Да, я знаком с написанной им биографией Ницше. Она весьма интересная.
Хорошо. Очень хорошо. Я невероятно рад, что вы так думаете, сказал Пол, залезая в портфель и извлекая оттуда массивную архивную папку на кольцах.
Итак, я принес эту переписку с собой и хотел бы, чтобы вы ее прочли.
Когда? Вы имеете в виду сейчас?
Да, нет ничего более значимого, что мы могли бы сделать на этой консультации.
Я посмотрел на свои часы.
Но у нас ведь всего одна консультация, а ее прочтение займет около часа или двух, и есть так много важного, что мы
Доктор Ялом, поверьте мне, я знаю, о чем прошу. Начинайте. Пожалуйста.
Я был в замешательстве. Что же делать? Он был абсолютно непреклонен. Я напомнил ему о том, что наше время ограничено и он был хорошо осведомлен о том, что в его распоряжении только одна эта встреча. С другой стороны, возможно, Пол знал, что он делает. Возможно, он верил, что эта переписка предоставит мне исчерпывающую информацию. Да, да, чем больше я думал об этом, тем больше я убеждался в том, что это могло быть правдой.

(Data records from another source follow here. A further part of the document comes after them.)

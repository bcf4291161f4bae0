-- ===== src/Gateway/Hosts.antt =====
-- parseHost of cmd/gateway/main.go reads exactly the hosts <agent>.<tenant>.<domain>.
use ai_lab.Prelude.{
  ℕ, ◌≡◌, refl, ap, ◌≢◌, some, [], ◌∷◌, ◌++◌, arith, length, length-append, All, Text, same_refl,
  same→eq, sym, ◌∙◌, ◌↔◌, inl, inr, none, append_assoc, Option-cases, same, subst,
}
use ai_lab.Gateway.{strip_suffix, split_dot, parse_host}

-- No dot in a text, as in every agent name that passes the manifest's validation.
abbrev pub NoDot : Text → Type 0
NoDot = All (λ c. c ≢ b'.')

strip_suffix→eq : (suffix s p : Text) → strip_suffix suffix s ≡ some p → s ≡ p ++ suffix
unfolding strip_suffix
strip_suffix→eq suffix [] p h = ground (arith, same→eq [] suffix)
strip_suffix→eq suffix (c ∷ s) [] h = ground (arith, same→eq (c ∷ s) suffix)
strip_suffix→eq suffix (c ∷ s) (d ∷ p) h = ground (arith, strip_suffix→eq suffix s p)

split_dot→eq : (s a t : Text) → split_dot s ≡ some (a, t) → (s ≡ a ++ b'.' ∷ t) × NoDot a
unfolding split_dot
split_dot→eq [] a t h = absurd cc
split_dot→eq (c ∷ s) [] t h = (ground arith, tt)
split_dot→eq (c ∷ s) (d ∷ a) t h = ground (arith, split_dot→eq s a t)

pub split_dot_join : (a t : Text) → NoDot a → split_dot (a ++ b'.' ∷ t) ≡ some (a, t)
unfolding split_dot
split_dot_join [] t h = refl
split_dot_join (c ∷ a) t h = ground (arith, split_dot_join a t h.1, h.0)

longer : (c : ℕ) (p s : Text) → c ∷ p ++ s ≢ s
longer c p s e = absurd (omega (arith, length-append (c ∷ p) s, ap length e))

strip_suffix_append : (p suffix : Text) → strip_suffix suffix (p ++ suffix) ≡ some p
unfolding strip_suffix same
strip_suffix_append [] [] = refl
strip_suffix_append [] (c ∷ s) = rw (same_refl (c ∷ s)) refl
strip_suffix_append (c ∷ p) suffix =
    ground
      (arith, strip_suffix_append p suffix, same→eq (c ∷ p ++ suffix) suffix, longer c p suffix)

-- parseHost takes a host apart into agent and tenant exactly when it is <agent>.<tenant>.<domain>
-- with no dot in the agent; the tenant is all up to the domain.
pub parse_host_iff :
    (host domain agent tenant : Text)
    → (parse_host host domain ≡ some (agent, tenant))
      ↔ ((host ≡ agent ++ b'.' ∷ (tenant ++ b'.' ∷ domain)) × NoDot agent)
unfolding parse_host
parse_host_iff host domain agent tenant = (
  λ h. elim (Option-cases (strip_suffix (b'.' ∷ domain) host)) [
    | inl n ↦ absurd (none_of n h)
    | inr (p, e) ↦ split p e h
  ],
  λ (e, nd). rw (parse_host, stripped e) (split_dot_join agent tenant nd),
)
  where
    none_of :
        strip_suffix (b'.' ∷ domain) host ≡ none → parse_host host domain ≢ some (agent, tenant)
    none_of n h = ground (arith, n, h)

    split :
        (p : Text)
        → strip_suffix (b'.' ∷ domain) host ≡ some p
        → parse_host host domain ≡ some (agent, tenant)
        → (host ≡ agent ++ b'.' ∷ (tenant ++ b'.' ∷ domain)) × NoDot agent
    split p e h =
        let (q, nd) = split_dot→eq p agent tenant (ground (arith, e, h)) in
        (
          strip_suffix→eq (b'.' ∷ domain) host p e
              ∙ ap (λ x. x ++ b'.' ∷ domain) q
              ∙ append_assoc agent (b'.' ∷ tenant) (b'.' ∷ domain),
          nd,
        )

    stripped :
        host ≡ agent ++ b'.' ∷ (tenant ++ b'.' ∷ domain)
        → strip_suffix (b'.' ∷ domain) host ≡ some (agent ++ b'.' ∷ tenant)
    stripped e =
        subst (λ x. strip_suffix (b'.' ∷ domain) x ≡ some (agent ++ b'.' ∷ tenant))
          (append_assoc agent (b'.' ∷ tenant) (b'.' ∷ domain) ∙ sym e)
          (strip_suffix_append (agent ++ b'.' ∷ tenant) (b'.' ∷ domain))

Пол, я так понимаю, что вы хотите сказать, что в этой переписке содержится вся необходимая информация о вас?
Если это предположение необходимо для того, чтобы вы прочли ее, то мой ответ да.
Что-то совершенно невероятное. Глубоко личный диалог это моя профессия, мой конек. Это то пространство, где я всегда чувствую себя комфортно, а в нашем диалоге все еще ощущалось какое-то недоверие, всё казалось беспорядочным. Возможно, мне стоит перестать слишком стараться и просто довериться потоку. Я был немного сбит с толку, но молча согласился и протянул руку, чтобы взять рукопись, которую он держал.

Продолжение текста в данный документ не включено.